Alternatively, can this be somehow proved from the Glivenko-Cantelli theorem?
 A: I'll prove a stronger statement (assuming stationarity and ergodicity): 

If $E[|X_1|]<\infty$, then
  $$
\int_{\mathbb R} \big|\hat F_n(z) - F(z)\big| dz\to 0,\quad n\to\infty,
$$
  almost surely.

Take some integer $N\ge 1$ and write 
$$
\int_{\mathbb R} \big|\hat F_n(z) - F(z)\big| dz\le \int_{-N}^N \big|\hat F_n(z) - F(z)\big| dz +  \int_N^\infty \hat G_n(z)dz + \int_N^\infty G(z)dz,
$$
where $\hat G_n(z) = F_n(-z) + (1-\hat F_n(z))$, $G(z) = F(-z) + (1- F(z))$.
In view of the Glivenko-Cantelli theorem,
$$
\limsup_{n\to\infty} \int_{\mathbb R} \big|\hat F_n(z) - F(z)\big| dz\le   \limsup_{n\to\infty} \int_N^\infty \hat G_n(z)dz + \int_N^\infty G(z)dz
$$
almost surely. Now by the ergodic theorem,
$$
\int_N^\infty \hat G_n(z)dz =  \frac1n\sum_{k=1}^n (|X_k|-N)\mathbf{1}_{|X_k|\ge N}\to E[(|X_1|-N)\mathbf{1}_{|X_1|\ge N}],\quad n\to\infty,
$$
almost surely.

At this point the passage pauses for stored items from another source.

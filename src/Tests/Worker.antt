-- ===== src/Tests/Worker.antt =====
-- Runs of the worker's consumer and of the redaction.
use nodejs_basics.Prelude.{
  ℕ, zero, suc, All, true, false, Option, none, some, String, List, [], ◌∷◌, ◌≡◌, refl, string_key,
}
use nodejs_basics.Prelude.Texts.{Text, codes}
use nodejs_basics.Worker.{World, Decoded, fresh, run, step, handle, ensure_queue_room}
use nodejs_basics.Worker.Handled.{run-IsJustified, IsJustified, IsSent}
use nodejs_basics.Redact.{
  redact_url, mask, UrlClass, Value, string, object, no_fields, field, redact, is_secret_key,
}
use nodejs_basics.Redact.Hidden.{redact_hides, IsHidden, IsKept}

abbrev up : ℕ → World
up now = record { now = now; waiting = some 0; send_ok = true }

abbrev task : String → Option Decoded
task id = some (record { event_type = some "task.created"; contract_id = some id })

abbrev messages : ℕ → Option Decoded
messages zero = task "a"
messages (suc zero) = task "b"
messages _ = none

-- Both calls wait for the depth, and pass on it.
abbrev side_by_side : List (ℕ × World)
side_by_side =
    (0, up 0) ∷ (1, up 1) ∷ (0, up 2) ∷ (1, up 3) ∷ (0, up 4) ∷ (1, up 5) ∷ (2, up 6) ∷ []

run-IsJustified_example :
    let w = run 1 messages fresh side_by_side in
    IsJustified 1 (messages 1) w.sent (w.phase 1) × All (IsSent 1 messages w.phase) w.sent
run-IsJustified_example = run-IsJustified 1 messages side_by_side 1

-- Two jobs are sent though there is room for one.
sent_side_by_side : (run 1 messages fresh side_by_side).sent ≡ "a" ∷ "b" ∷ []
unfolding run step handle ensure_queue_room fresh
sent_side_by_side = refl

-- A class on texts that are their own passwords.
abbrev url_class : UrlClass
url_class = record {
  Url = Text;
  parse = λ t. some t;
  password = λ url. url;
  with_password = λ password url. password;
  to_string = λ url. url;
}

abbrev snapshot : Value
snapshot = object (
    field (codes "DATABASE_PASSWORD") (string (codes "hunter2"))
      (field (codes "DATABASE_URL") (string (codes "pg://app:s3cret@db")) no_fields))

url_is_masked : redact_url url_class (codes "pg://app:s3cret@db") ≡ mask
unfolding redact_url
url_is_masked = refl

password_is_secret : is_secret_key (codes "DATABASE_PASSWORD") ≡ true
unfolding is_secret_key
password_is_secret = refl

redact_hides_example :
    IsHidden url_class false (redact url_class false snapshot)
    × IsKept url_class false snapshot (redact url_class false snapshot)
redact_hides_example = redact_hides url_class (λ url again has p. cc) snapshot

Hence, 
$$
\limsup_{n\to\infty} \int_{\mathbb R} \big|\hat F_n(z) - F(z)\big| dz\le   2E[(|X_1|-N)\mathbf{1}_{|X_1|\ge N}]
$$
almost surely for each $N\ge 1$. Letting $N\to\infty$, we get the claim.

Auxiliary identity For a non-negative random variable $Z$
$$
\int_N^\infty P(Z\ge z) dz = E[(Z-N])\mathbf{1}_{Z\ge N}]. 
$$
Proof 
$$
\int_N^\infty P(Z\ge z) dz = \int_N^\infty \int_z^\infty dF_Z(y) dz = \int_N^\infty\int_N^y dz\, dF_Z(y)\\
 = \int_N^\infty (y-N) dF_Z(y) = E[(Z-N])\mathbf{1}_{Z\ge N}].
$$

Now observe that $P(|X_1|\ge x) = F(-z) + (1-F(z)) = G(z)$ for almost all $z$.
To prove a similar identity for empirical CDF, note that it is a CDF of a uniform distribution $Z_n$ on $\{X_1,\dots,X_n\}$, therefore 
$$
\int_N^\infty \hat G_n(z) dz = E[(|Z_n|-N)\mathbf{1}_{|Z_n|\ge N}] = \frac1n\sum_{k=1}^n (|X_k|-N)\mathbf{1}_{|X_k|\ge N},
$$
where the expectation is taken w.r.t. the distribution of $Z_n$ for fixed $X_1,\dots,X_n$.